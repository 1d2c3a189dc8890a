-- ===== src/Supervisor/Invariant/Defs.antt =====
-- What holds of the states, flags and counts between any two operations (src/state.c, src/fail.c).
use ninit.Prelude.{
  ℕ, ◌+◌, ◌%◌, ◌<◌, ◌≡◌, ◌⊎◌, Bool, true, false, not, List, [], ◌∷◌, All, bit, count, tally,
}
use ninit.Graph.{Graph, dependents, order_only, prereqs}
use ninit.Supervisor.Core.{Core, is_pending, is_running, is_done}

-- how many of d's prerequisites are not released
abbrev pub unreleased : Graph → (ℕ → Bool) → ℕ → ℕ
unreleased g released d = prereqs g (λ i. bit (not (released i))) d

-- how often d depends on the services of a work list
unfoldable pub owing : Graph → List ℕ → ℕ → ℕ
owing g [] d = 0
owing g (j ∷ js) d = count d (dependents g j) + owing g js d

module _ (g : Graph) where
  -- The counters of the states are the numbers of services that they stand for.
  pub record IsCounted (c : Core) : Type 0 where
    pub active : c.n_active ≡ tally is_running g.n_svc c.state
    pub pending : c.n_pending ≡ tally is_pending g.n_svc c.state
    pub done : c.n_done ≡ tally is_done g.n_svc c.state

  -- n_up is the number of services that are up.
  pub record IsUpCounted (c : Core) : Type 0 where
    pub ups : c.n_up ≡ tally (λ b. b) g.n_svc c.up

  -- A service that is up is released, and a released one is up, unless its dependents are only
  -- ordered behind it.
  pub record IsReady (c : Core) : Type 0 where
    pub up_released : (i : ℕ) → c.up i ≡ true → c.released i ≡ true
    pub released_up : (i : ℕ) → c.released i ≡ true → (c.up i ≡ true) ⊎ (order_only g i ≡ true)

  -- unmet[d] is the number of d's unreleased prerequisites, up to what the loops have still to
  -- take off (`extra`) or to add (`owed`) for d.
  pub record IsLinked (owed extra : ℕ → ℕ) (c : Core) : Type 0 where
    pub fits : (d : ℕ) → d < g.n_svc → c.unmet d < 65536
    pub queued : All (λ j. j < g.n_svc) c.queue
    pub linked :
        (d : ℕ)
        → d < g.n_svc
        → (c.unmet d + owed d) % 65536
          ≡ (unreleased g c.released d + owing g c.queue d + extra d) % 65536

  -- what holds of the flags, of n_up and of the unmet counts
  pub record IsFlagged (extra : ℕ → ℕ) (c : Core) : Type 0 where
    pub ups : IsUpCounted c
    pub ready : IsReady c
    pub linked : IsLinked (λ _. 0) extra c

  -- The invariant between two operations, with the rest of a running release loop in `extra`.
  pub record IsSound (extra : ℕ → ℕ) (c : Core) : Type 0 where
    pub counted : IsCounted c
    pub flagged : IsFlagged extra c

-- The release queue between two operations: it is empty, and the loop is not running.
abbrev pub IsResting : Core → Type 0
IsResting c = (c.queue ≡ []) × (c.draining ≡ false)

-- The invariant between two operations of the main loop.
pub record IsSettled (g : Graph) (c : Core) : Type 0 where
  pub sound : IsSound g (λ _. 0) c
  pub resting : IsResting c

■ Your objective
Copy exactly the stretch of data above from the line with "owed d) % 65536" through the line with "pub linked : IsLinked (λ _. 0) extra c", and omit all other lines.

■ Result below
        → (c.unmet d + owed d) % 65536
          ≡ (unreleased g c.released d + owing g c.queue d + extra d) % 65536

  -- what holds of the flags, of n_up and of the unmet counts
  pub record IsFlagged (extra : ℕ → ℕ) (c : Core) : Type 0 where
    pub ups : IsUpCounted c
    pub ready : IsReady c
    pub linked : IsLinked (λ _. 0) extra c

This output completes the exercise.